> _WORK ORDER_:
The data follows this line. Copy verbatim the line with "service = volume;" and each line after it to the end.

> _TASK INPUT_:
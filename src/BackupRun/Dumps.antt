-- ===== src/BackupRun/Dumps.antt =====
-- internal/backuprun/dumps.go: the exports of a run and what its manifest says of each database.
pub mod Accounted
use back_orbit.Base.{
  ℕ, Bool, true, false, not, ◌&&◌, ◌||◌, Option, none, some, List, [], ◌∷◌, ◌++◌, Bytes, codes,
  ◌==◌, if◌then◌else◌, Result, ok, err, ◌>>=◌, map_err, map,
}
use back_orbit.Base.Assoc.{Assoc, lookup, insert}
use back_orbit.Base.Text.{bytes_eq}
use back_orbit.BackupRun.{
  Answers, BackupSource, Confidence, confirmed, probable, possible, Container, DatabaseDump, Dump,
  Exporter, ExternalError, Finding, ProtectionLevel, exported, consistent, files_only, RestoreCheck,
  Target, VolumeManifest, SqliteCapture, Warning, not_running, not_exported, not_test_restored,
  did_not_load, for_dumps, for_manifest, Run,
}

-- `dumpEngines`
unfoldable pub is_dump_engine : Bytes → Bool
is_dump_engine t =
    t == codes "postgresql" || t == codes "mysql" || t == codes "mariadb" || t == codes "mongodb"

-- `credentialKeys`
unfoldable pub user_keys : Bytes → List Bytes
user_keys t =
    if t == codes "postgresql"
    then codes "POSTGRES_USER" ∷ []
    else if t == codes "mysql"
    then codes "MYSQL_ROOT_USER" ∷ []
    else if t == codes "mariadb"
    then codes "MARIADB_ROOT_USER" ∷ []
    else if t == codes "mongodb"
    then codes "MONGO_INITDB_ROOT_USERNAME" ∷ []
    else []

unfoldable pub password_keys : Bytes → List Bytes
password_keys t =
    if t == codes "mysql"
    then codes "MYSQL_ROOT_PASSWORD" ∷ codes "MARIADB_ROOT_PASSWORD" ∷ []
    else if t == codes "mariadb"
    then codes "MARIADB_ROOT_PASSWORD" ∷ codes "MYSQL_ROOT_PASSWORD" ∷ []
    else if t == codes "mongodb"
    then codes "MONGO_INITDB_ROOT_PASSWORD" ∷ []
    else []

pub record DumpResult : Type 0 where
  pub dump : Dump
  pub key : Bytes
  pub check : Option RestoreCheck

-- finding.Service + ":" + finding.Technology
abbrev pub key_of : Finding → Bytes
key_of f = f.service ++ (codes ":" ++ f.technology)

abbrev pub is_database : Finding → Bool
is_database f = f.kind == codes "database"

abbrev pub is_possible : Confidence → Bool
is_possible possible = true
is_possible _ = false

-- `containers[container.Service] = container` for every container of a service
unfoldable pub by_service : Assoc Bytes Container → List Container → Assoc Bytes Container
by_service m [] = m
by_service m (c ∷ cs) = by_service (if c.service == [] then m else insert c.service c m) cs

abbrev pub is_exportable : Finding → Bool
is_exportable f = is_database f && is_dump_engine f.technology && not (is_possible f.confidence)

abbrev pub running_container : Assoc Bytes Container → Finding → Option Container
running_container containers f = elim (lookup f.service containers) [
  | none ↦ none
  | some c ↦ if c.id == [] then none else some c
]

abbrev wrap : Bytes → ExternalError → ExternalError
wrap prefix e = record e { text = prefix ++ e.text }

module _ (a : Answers) where
  unfoldable pub first_env_value : Bytes → List Bytes → Result ExternalError Bytes
  first_env_value container [] = ok []
  first_env_value container (key ∷ keys) = do
    value ← a.env_value container key
    if value == [] then first_env_value container keys else ok value

  -- The last `switch` of `dumpOne`.
  unfoldable pub export_with : Bytes → Target → Result ExternalError Dump
  export_with t target =
      if t == codes "postgresql"
      then a.exporter Exporter.postgresql target
      else if t == codes "mysql" || t == codes "mariadb"
      then a.exporter Exporter.mysql target
      else if t == codes "mongodb"
      then a.exporter Exporter.mongodb target
      else err (record {
        text = codes "no exporter for " ++ t;
        is_canceled = false;
        kind_is_cancelled = false;
      })

  unfoldable pub dump_one : Finding → Container → Result ExternalError Dump
  dump_one f c = do
    user ←
        map_err (wrap (codes "read the database user: "))
          (first_env_value c.id (user_keys f.technology))
    password ←
        map_err (wrap (codes "read the database credentials: "))
          (first_env_value c.id (password_keys f.technology))
    export_with f.technology (record {
      technology = f.technology;
      service = f.service;
      container_id = c.id;
      user = user;
      password = password;
    })

  -- The `switch` behind `verifyRestores`.
  unfoldable pub test_restore : Finding → Container → Dump → Option RestoreCheck × List Warning
  test_restore f c d = elim (a.verify_restorable c.image d) [
    | err e ↦ (none, not_test_restored f.technology f.service e.text ∷ [])
    | ok check ↦ (
      some check,
      if check.loaded then [] else did_not_load f.technology f.service check.detail ∷ [],
    )
  ]

  -- The part of the loop's body behind the look-up of the container.
  unfoldable pub export_from : Bool → Finding → Container → List DumpResult × List Warning
  export_from verify_restores f c = elim (dump_one f c) [
    | err e ↦ ([], not_exported f.technology f.service e.text ∷ [])
    | ok d ↦
        let checked = if verify_restores then test_restore f c d else (none, []) in
        (record { dump = d; key = key_of f; check = checked.0 } ∷ [], checked.1)
  ]

  -- One turn of the loop over the findings: the dump it adds, if any, and its warnings.
  unfoldable pub dump_finding :
      Bool → Assoc Bytes Container → Finding → List DumpResult × List Warning
  dump_finding verify_restores containers f =
      if is_exportable f
      then elim (running_container containers f) [
        | none ↦ ([], not_running f.technology f.service ∷ [])
        | some c ↦ export_from verify_restores f c
      ]
      else ([], [])

  unfoldable pub dump_findings :
      Bool → Assoc Bytes Container → List Finding → List DumpResult × List Warning
  dump_findings verify_restores containers [] = ([], [])
  dump_findings verify_restores containers (f ∷ fs) =
      let now = dump_finding verify_restores containers f in
      let later = dump_findings verify_restores containers fs in
      (now.0 ++ later.0, now.1 ++ later.1)

  -- The dumps, and the warnings that are appended to the run's.
  unfoldable pub dump_databases : Run → List Container → List DumpResult × List Warning
  dump_databases run containers =
      if not a.has_blueprints || not a.has_docker || run.project_id == []
      then ([], [])
      else elim (a.blueprint for_dumps) [
        | none ↦ ([], [])
        | some findings ↦ dump_findings run.verify_restores (by_service [] containers) findings
      ]

-- `dumpedKeys`, and `exported` of `manifestEntries`
unfoldable pub is_dumped : List DumpResult → Bytes → Bool
is_dumped [] key = false
is_dumped (d ∷ ds) key = d.key == key || is_dumped ds key

abbrev exported_entry : DumpResult → DatabaseDump
exported_entry d = record {
  technology = d.dump.technology;
  service = d.dump.service;
  level = exported;
  path = d.dump.path;
  command = d.dump.command;
  user = d.dump.user;
  bytes = d.dump.bytes;
  note = [];
  restore_check = d.check;
}

abbrev sqlite_entry : Bytes → SqliteCapture → DatabaseDump
sqlite_entry volume capture = record {
  technology = codes "sqlite";
  service = volume;
  level = consistent;
  path = volume ++ (codes "/" ++ capture.path);
  command = [];
  user = [];
  bytes = capture.bytes;
  note = capture.method;
  restore_check = none;
}

abbrev pub not_exported_note : Bytes
not_exported_note =
    codes
      "Back-Orbit does not export this engine yet, so only its data directory was copied. That restores if the service was stopped, and may not if it was running."

abbrev files_entry : Finding → DatabaseDump
files_entry f = record {
  technology = f.technology;
  service = f.service;
  level = files_only;
  path = [];
  command = [];
  user = [];
  bytes = 0;
  note = not_exported_note;
  restore_check = none;
}

unfoldable pub sqlite_entries : List VolumeManifest → List DatabaseDump
sqlite_entries [] = []
sqlite_entries (v ∷ vs) = map (sqlite_entry v.name) v.sqlite_databases ++ sqlite_entries vs

abbrev pub is_listed_as_files : List DumpResult → Finding → Bool
is_listed_as_files dumps f =
    is_database f
    && not (f.technology == codes "sqlite")
    && not (is_possible f.confidence)
    && not (is_dumped dumps (key_of f))

-- The last loop.
unfoldable pub files_entries : List DumpResult → List Finding → List DatabaseDump
files_entries dumps [] = []
files_entries dumps (f ∷ fs) =
    let rest = files_entries dumps fs in
    if is_listed_as_files dumps f then files_entry f ∷ rest else rest

module _ (a : Answers) where
  unfoldable pub found_entries : Bytes → List DumpResult → List DatabaseDump
  found_entries project_id dumps =
      if not a.has_blueprints || project_id == [] then [] else elim (a.blueprint for_manifest) [
        | none ↦ []
        | some findings ↦ files_entries dumps findings
      ]

  unfoldable pub manifest_entries : Run → List DumpResult → List VolumeManifest → List DatabaseDump
  manifest_entries run dumps volumes =
      map exported_entry dumps ++ (sqlite_entries volumes ++ found_entries run.project_id dumps)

> _OUTPUT_:
  service = volume;
  level = consistent;
  path = volume ++ (codes "/" ++ capture.path);
  command = [];
  user = [];
  bytes = capture.bytes;
  note = capture.method;
  restore_check = none;
}

abbrev pub not_exported_note : Bytes
not_exported_note =
    codes
      "Back-Orbit does not export this engine yet, so only its data directory was copied. That restores if the service was stopped, and may not if it was running."

abbrev files_entry : Finding → DatabaseDump
files_entry f = record {
  technology = f.technology;
  service = f.service;
  level = files_only;
  path = [];
  command = [];
  user = [];
  bytes = 0;
  note = not_exported_note;
  restore_check = none;
}

unfoldable pub sqlite_entries : List VolumeManifest → List DatabaseDump
sqlite_entries [] = []
sqlite_entries (v ∷ vs) = map (sqlite_entry v.name) v.sqlite_databases ++ sqlite_entries vs

abbrev pub is_listed_as_files : List DumpResult → Finding → Bool
is_listed_as_files dumps f =
    is_database f
    && not (f.technology == codes "sqlite")
    && not (is_possible f.confidence)
    && not (is_dumped dumps (key_of f))

-- The last loop.
unfoldable pub files_entries : List DumpResult → List Finding → List DatabaseDump
files_entries dumps [] = []
files_entries dumps (f ∷ fs) =
    let rest = files_entries dumps fs in
    if is_listed_as_files dumps f then files_entry f ∷ rest else rest

module _ (a : Answers) where
  unfoldable pub found_entries : Bytes → List DumpResult → List DatabaseDump
  found_entries project_id dumps =
      if not a.has_blueprints || project_id == [] then [] else elim (a.blueprint for_manifest) [
        | none ↦ []
        | some findings ↦ files_entries dumps findings
      ]

  unfoldable pub manifest_entries : Run → List DumpResult → List VolumeManifest → List DatabaseDump
  manifest_entries run dumps volumes =
      map exported_entry dumps ++ (sqlite_entries volumes ++ found_entries run.project_id dumps)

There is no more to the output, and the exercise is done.